Aubrey Plaza Is My Old Ass in a Time-Tripping Coming-of-Age Movie

My Old Ass wastes no time in getting to its central conceit, as memorable as its title if not necessarily as original: Elliott (Maisy Stella) celebrates her 18th birthday camping with her friends Ro (Kerrice Brooks) and Ruthie (Maddie Ziegler), does some mushrooms, and gets a campfire visit from… Elliott, herself, from 21 years in the future, played – in one of those casting decisions that imagines a fundamental face-change between young adulthood and not-quite-middle age – by Aubrey Plaza.
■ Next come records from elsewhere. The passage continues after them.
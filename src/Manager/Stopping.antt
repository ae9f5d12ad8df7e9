-- ===== src/Manager/Stopping.antt =====
-- What stopping the manager leaves behind.
use mcp_proxy.Prelude.{
  Bool-cases, inl, sym, ap, ◌⊎◌, Dict, String, none, some, [], ◌∷◌, ◌≡◌, refl, ℕ, lookup, erase,
  false, true, arith, inr, if◌then◌else◌, ◌∙◌,
}
use mathlib.Core.Option.{some-injective}
use mcp_proxy.Prelude.Maps.{lookup-erase}
use mcp_proxy.Manager.{Manager, stop, stop_range, modify}
use mcp_proxy.Session.{close}

-- A key that the map still has is among the entries to visit.
lookup-stop_range :
    (es : Dict ℕ) (m : Manager) (k : String)
    → lookup k m.sessions ≡ none ⊎ (lookup k es ≡ lookup k m.sessions)
    → lookup k (stop_range es m).sessions ≡ none
unfolding stop_range modify lookup
lookup-stop_range [] m k h = ground arith
lookup-stop_range ((key, a) ∷ es) m k h =
    lookup-stop_range es (record (modify a close m) { sessions = erase key m.sessions }) k
      (ground (arith, lookup-erase key k m.sessions, h))

active_count-stop_range :
    (es : Dict ℕ) (m : Manager) → (stop_range es m).active_count ≡ m.active_count
unfolding stop_range modify
active_count-stop_range [] m = refl
active_count-stop_range ((key, a) ∷ es) m = active_count-stop_range es _ ∙ ground arith

done-stop_range : (es : Dict ℕ) (m : Manager) → (stop_range es m).done ≡ m.done
unfolding stop_range modify
done-stop_range [] m = refl
done-stop_range ((key, a) ∷ es) m = done-stop_range es _ ∙ ground arith

stop_running :
    (m : Manager)
    → m.done ≡ false
    → stop m ≡ some (stop_range m.sessions (record m { done = true }))
unfolding stop
stop_running m e =
    ap (λ b. if b then none else some (stop_range m.sessions (record m { done = true }))) e

stop_done : (m : Manager) → m.done ≡ true → stop m ≡ none
unfolding stop
stop_done m e =
    ap (λ b. if b then none else some (stop_range m.sessions (record m { done = true }))) e

pub done-stop : (m n : Manager) → stop m ≡ some n → n.done ≡ true
unfolding stop
done-stop m n e = elim (Bool-cases m.done) [
  | inl over ↦ let h = stop_done m over in cc
  | inr running ↦
      ap (λ x. x.done) (sym (some-injective _ n (sym (stop_running m running) ∙ e)))
      ∙ done-stop_range m.sessions (record m { done = true })
]

-- No ID is found, the counter is what it was, and the manager cannot be stopped again.
pub record IsStopped (before m : Manager) : Type 0 where
  pub empty : (id : String) → lookup id m.sessions ≡ none
  pub counter : m.active_count ≡ before.active_count
  pub panics : stop m ≡ none

-- Stopping a manager that runs succeeds; then no ID leads to a session, but the active count is what it was before, and stopping again panics.
pub stop_lem : (m : Manager) → m.done ≡ false → (n : Manager) × (stop m ≡ some n) × IsStopped m n
stop_lem m running =
    let stopped = record m { done = true } in
    let n = stop_range m.sessions stopped in
    (
      n,
      stop_running m running,
      record {
        empty = λ id. lookup-stop_range m.sessions stopped id (inr refl);
        counter = active_count-stop_range m.sessions stopped;
        panics = stop_done n (done-stop_range m.sessions stopped);
      },
    )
It’s easy to forgive the leap, because Stella and Plaza share an informal fluency in youthful insouciance that traverses their zoomer-millennial divide, and because generally speaking, you want to watch Aubrey Plaza in movies. Even when she’s playing the mom-defending, grad-school-attending normie adult in the room (or the woods), there’s electricity in her eyes.
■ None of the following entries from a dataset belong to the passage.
-- ===== src/Manager/Reach.antt =====
-- What holds in every state that the manager reaches through its operations and through the
-- writes of those that hold a session's pointer.
use mcp_proxy.Prelude.{
  arith, sym, ◌∙◌, ◌∷◌, [], Dict, lookup, erase, false, Option, Option-cases, String, inl, inr,
  none, refl, set, some, ℕ, ◌≡◌,
}
use mcp_proxy.Manager.{
  Manager, ManagerConfig, stop, drop_entry, cleanup_visit, cleanup_range, cleanup, count_request,
  create, delete, deref, get, increment_request, modify, new_manager,
}
use mcp_proxy.Manager.Invariant.{
  IsFresh, IsValid, KeepsId, create-IsValid, delete-IsValid, get-IsValid, modify-IsValid,
  new_manager-IsValid,
}
use mcp_proxy.Manager.Stopping.{done-stop}
use mcp_proxy.Manager.Cleanup.{cleanup-IsValid}
use mcp_proxy.Session.{close, Session, increment_request_count}

-- One operation, run without another in between.
pub data Step (m : Manager) : Manager → Type 0 where
  created : (uuid : String) (now : ℕ) → IsFresh uuid m → Step m (create uuid now m).0
  got : (id : String) → Step m (get id m).0
  deleted : (id : String) → Step m (delete id m)
  counted : (id : String) (now : ℕ) → Step m (increment_request id now m).0
  cleaned : (now : ℕ) → Step m (cleanup now m)
  stopped : (n : Manager) → stop m ≡ some n → Step m n
  -- SetAgent, SetClientInfo, SendMessage, Close and the like, through a pointer
  written : (a : ℕ) (f : Session → Session) → KeepsId f → Step m (modify a f m)

pub data Reach (cfg : ManagerConfig) : Manager → Type 0 where
  here : Reach cfg (new_manager cfg)
  next : {m n : Manager} → Reach cfg m → Step m n → Reach cfg n

count_request-IsValid :
    (now a : ℕ) (o : Option Session) (m : Manager)
    → deref m a ≡ o
    → IsValid m
    → IsValid (count_request now a o m).0
unfolding count_request modify
count_request-IsValid now a none m e v = v
count_request-IsValid now a (some s) m e v =
    rw (as_modify) (modify-IsValid (λ x. (increment_request_count now x).0) a m keeps v)
  where
    keeps : KeepsId (λ x. (increment_request_count now x).0)
    keeps x = refl

    as_modify :
        record m { heap = set m.heap a (increment_request_count now s).0 }
        ≡ modify a (λ x. (increment_request_count now x).0) m
    as_modify = rw (e, modify)

increment_request-IsValid :
    (id : String) (now : ℕ) (m : Manager) → IsValid m → IsValid (increment_request id now m).0
unfolding increment_request
increment_request-IsValid id now m v = elim (Option-cases (get id m).1) [
  | inl e ↦ rw (e, increment_request) (get-IsValid id m v)
  | inr (a, e) ↦
      rw (e, increment_request)
        (count_request-IsValid now a (deref (get id m).0 a) (get id m).0 refl (get-IsValid id m v))
]

done-modify : (a : ℕ) (f : Session → Session) (m : Manager) → (modify a f m).done ≡ m.done
unfolding modify
done-modify a f m = ground arith

done-create : (uuid : String) (now : ℕ) (m : Manager) → (create uuid now m).0.done ≡ m.done
unfolding create
done-create uuid now m = ground arith

done-delete : (id : String) (m : Manager) → (delete id m).done ≡ m.done
unfolding delete
done-delete id m = elim (Option-cases (lookup id m.sessions)) [
  | inl e ↦ rw (delete, e) refl
  | inr (a, e) ↦ rw (delete, e) (done-modify a close (record m { sessions = erase id m.sessions }))
]

done-get : (id : String) (m : Manager) → (get id m).0.done ≡ m.done
unfolding get
done-get id m = ground (arith, done-delete id m)

done-count_request :
    (now a : ℕ) (o : Option Session) (m : Manager) → (count_request now a o m).0.done ≡ m.done
unfolding count_request
done-count_request now a none m = refl
done-count_request now a (some s) m = refl

done-increment_request :
    (id : String) (now : ℕ) (m : Manager) → (increment_request id now m).0.done ≡ m.done
unfolding increment_request
done-increment_request id now m = elim (Option-cases (get id m).1) [
  | inl e ↦ rw (increment_request, e) (done-get id m)
  | inr (a, e) ↦
      rw (increment_request, e)
        (done-count_request now a (deref (get id m).0 a) (get id m).0 ∙ done-get id m)
]

done-cleanup_visit :
    (now : ℕ) (e : String × ℕ) (m : Manager) → (cleanup_visit now e m).done ≡ m.done
unfolding cleanup_visit drop_entry modify
done-cleanup_visit now (key, a) m = ground arith

done-cleanup_range : (now : ℕ) (es : Dict ℕ) (m : Manager) → (cleanup_range now es m).done ≡ m.done
unfolding cleanup_range
done-cleanup_range now [] m = refl
done-cleanup_range now (e ∷ es) m =
    done-cleanup_range now es (cleanup_visit now e m) ∙ done-cleanup_visit now e m

-- Only a stop ends the running of a manager, and it does.
Step-runs : {m n : Manager} → Step m n → n.done ≡ false → m.done ≡ false
unfolding cleanup
Step-runs {m} (created uuid now fresh) running = sym (done-create uuid now m) ∙ running
Step-runs {m} (got id) running = sym (done-get id m) ∙ running
Step-runs {m} (deleted id) running = sym (done-delete id m) ∙ running
Step-runs {m} (counted id now) running = sym (done-increment_request id now m) ∙ running
Step-runs {m} (cleaned now) running = sym (done-cleanup_range now m.sessions m) ∙ running
Step-runs {m} (stopped n e) running = let h = done-stop m n e in cc
Step-runs {m} (written a f keep) running = sym (done-modify a f m) ∙ running

pub Step-IsValid : {m n : Manager} → Step m n → n.done ≡ false → IsValid m → IsValid n
Step-IsValid {m} (created uuid now fresh) running v = create-IsValid uuid now m fresh v
Step-IsValid {m} (got id) running v = get-IsValid id m v
Step-IsValid {m} (deleted id) running v = delete-IsValid id m v
Step-IsValid {m} (counted id now) running v = increment_request-IsValid id now m v
Step-IsValid {m} (cleaned now) running v = cleanup-IsValid now m v
Step-IsValid {m} (stopped n e) running v = let h = done-stop m n e in cc
Step-IsValid {m} (written a f keep) running v = modify-IsValid f a m keep v

-- In every state reached from a new manager by any sequence of whole operations, a stop among them, in which each new session has an ID that is not in use, and of writes through session pointers that keep the ID: as long as the manager is not stopped, the map's keys are distinct, the active count is the number of entries and within the limit, and each entry leads to a session that carries its key.
pub Reach-IsValid : {cfg : ManagerConfig} {m : Manager} → Reach cfg m → m.done ≡ false → IsValid m
Reach-IsValid {cfg} here running = new_manager-IsValid cfg
Reach-IsValid (next r s) running = Step-IsValid s running (Reach-IsValid r (Step-runs s running))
It’s a bold decision, then, possibly even a miscalculation, to have Old Elliott disappear for much of the movie. She doesn’t leave behind a lingering question over whether what Young Elliott experienced is real, because the older version makes a gambit that pays off with the casualness of a Charlie Kaufman screenplay: She simply programs her future cell number into her younger self’s phone and the two are subsequently somehow able to share conversations across the yawning chasm of time (and without any hallucinogenic aid). For much of the movie, all we get is Plaza’s voice. For some crucial stretches, and much to her younger self’s chagrin, we only get her voicemail.
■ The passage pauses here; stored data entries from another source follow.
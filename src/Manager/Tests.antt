-- ===== src/Manager/Tests.antt =====
-- A manager with one session, and the theorems at operations on it.
use mcp_proxy.Prelude.{false, erase, insert, some, none, ◌≡◌, refl, lookup}
use mcp_proxy.Prelude.Int.{pos, ◌+ℤ◌}
use mcp_proxy.Session.{age, idle_time, Session, new_session}
use mcp_proxy.Manager.Stopping.{IsStopped, stop_lem}
use mcp_proxy.Manager.{
  stop, Manager, ManagerConfig, new_manager, create, delete, get, cleanup, deref, increment_request,
}
use mcp_proxy.Manager.Invariant.{IsValid, IsFresh}
use mcp_proxy.Manager.Reach.{Reach, here, next, created, counted, Reach-IsValid}
use mcp_proxy.Manager.Cleanup.{lookup-cleanup}
use mcp_proxy.Manager.Behaviour.{CreateOutcome, create_lem}
use mcp_proxy.Manager.Race.{raced, raced_miscounts}

abbrev one_session : ManagerConfig
one_session = record { session_ttl = 100; cleanup_interval = 60; max_sessions = pos 1 }

abbrev idle : Manager
idle = new_manager one_session

-- A session was created at time 10 and has made a request at time 20.
abbrev busy : Manager
busy = (increment_request "sess_a" 20 (create "a" 10 idle).0).0

fresh : IsFresh "a" idle
unfolding new_manager lookup
fresh = refl

busy_reached : Reach one_session busy
busy_reached = next (next here (created "a" 10 fresh)) (counted "sess_a" 20)

busy_running : busy.done ≡ false
unfolding increment_request create get new_manager lookup insert new_session
busy_running = refl

Reach-IsValid_example : IsValid busy
Reach-IsValid_example = Reach-IsValid busy_reached busy_running

busy-IsValid : IsValid busy
busy-IsValid = Reach-IsValid busy_reached busy_running

lookup-cleanup_example : lookup "sess_a" (cleanup 90 busy).sessions ≡ none
unfolding increment_request create lookup get new_manager insert new_session age idle_time
lookup-cleanup_example = lookup-cleanup 90 busy "sess_a" busy-IsValid

busy_there : lookup "sess_a" busy.sessions ≡ some 0
unfolding increment_request create lookup get new_manager insert new_session
busy_there = refl

-- The session of `busy`.
abbrev counted_session : Session
counted_session = record (new_session "sess_a" 10) { request_count = 1; last_activity_at = 20 }

busy_at : deref busy 0 ≡ some counted_session
unfolding increment_request create lookup get new_manager insert new_session
busy_at = refl

create_lem_example : CreateOutcome "b" 30 busy
create_lem_example = create_lem "b" 30 busy

raced_miscounts_example :
    ((raced 40 "sess_a" 0 busy).sessions ≡ (delete "sess_a" busy).sessions)
    × ((raced 40 "sess_a" 0 busy).active_count +ℤ pos 1 ≡ pos 0)
unfolding increment_request create lookup get new_manager insert new_session delete erase
raced_miscounts_example = raced_miscounts 40 "sess_a" 0 busy busy-IsValid busy_there

stop_lem_example : (n : Manager) × (stop busy ≡ some n) × IsStopped busy n
stop_lem_example = stop_lem busy busy_running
The metatextual mystery that emerges is whether or not this is part of writer-director Megan Park’s grand design for My Old Ass, a necessity borne out of Plaza’s presumably limited availability, or some kind of triangulation of various creative and logistical factors. Regardless, Elliott meets Elliott before the audience knows many details of her younger life, which are filled in later, rather than building up to a big sci-fi twist. This leaves the movie structurally interesting, and also more than a little wobbly – a shame, given the inviting conceptual breeziness that Park uses to introduce her version of time travel. Though there are intimations of future-world decay on the older Elliott’s end of the line, she tries to offer advice in a more casual, less meddling way than, say, the sequel-teasing end of Back to the Future. She remembers that her younger self itches to escape her small Canadian town for her impending college education in a city, and therefore simply and gently implores her(self) to spend a little more time with her family, now and later; not at the expense of her goals (or as a dire warning about impending illness, which younger Elliott understandably guesses when older Elliott starts going on about how great their mom is), but with an attempt at understanding that no matter what the outcome, time will always slip away. That said, the older Elliott allows herself one piece of stricter and more specific advice: Don’t get involved with anyone named Chad.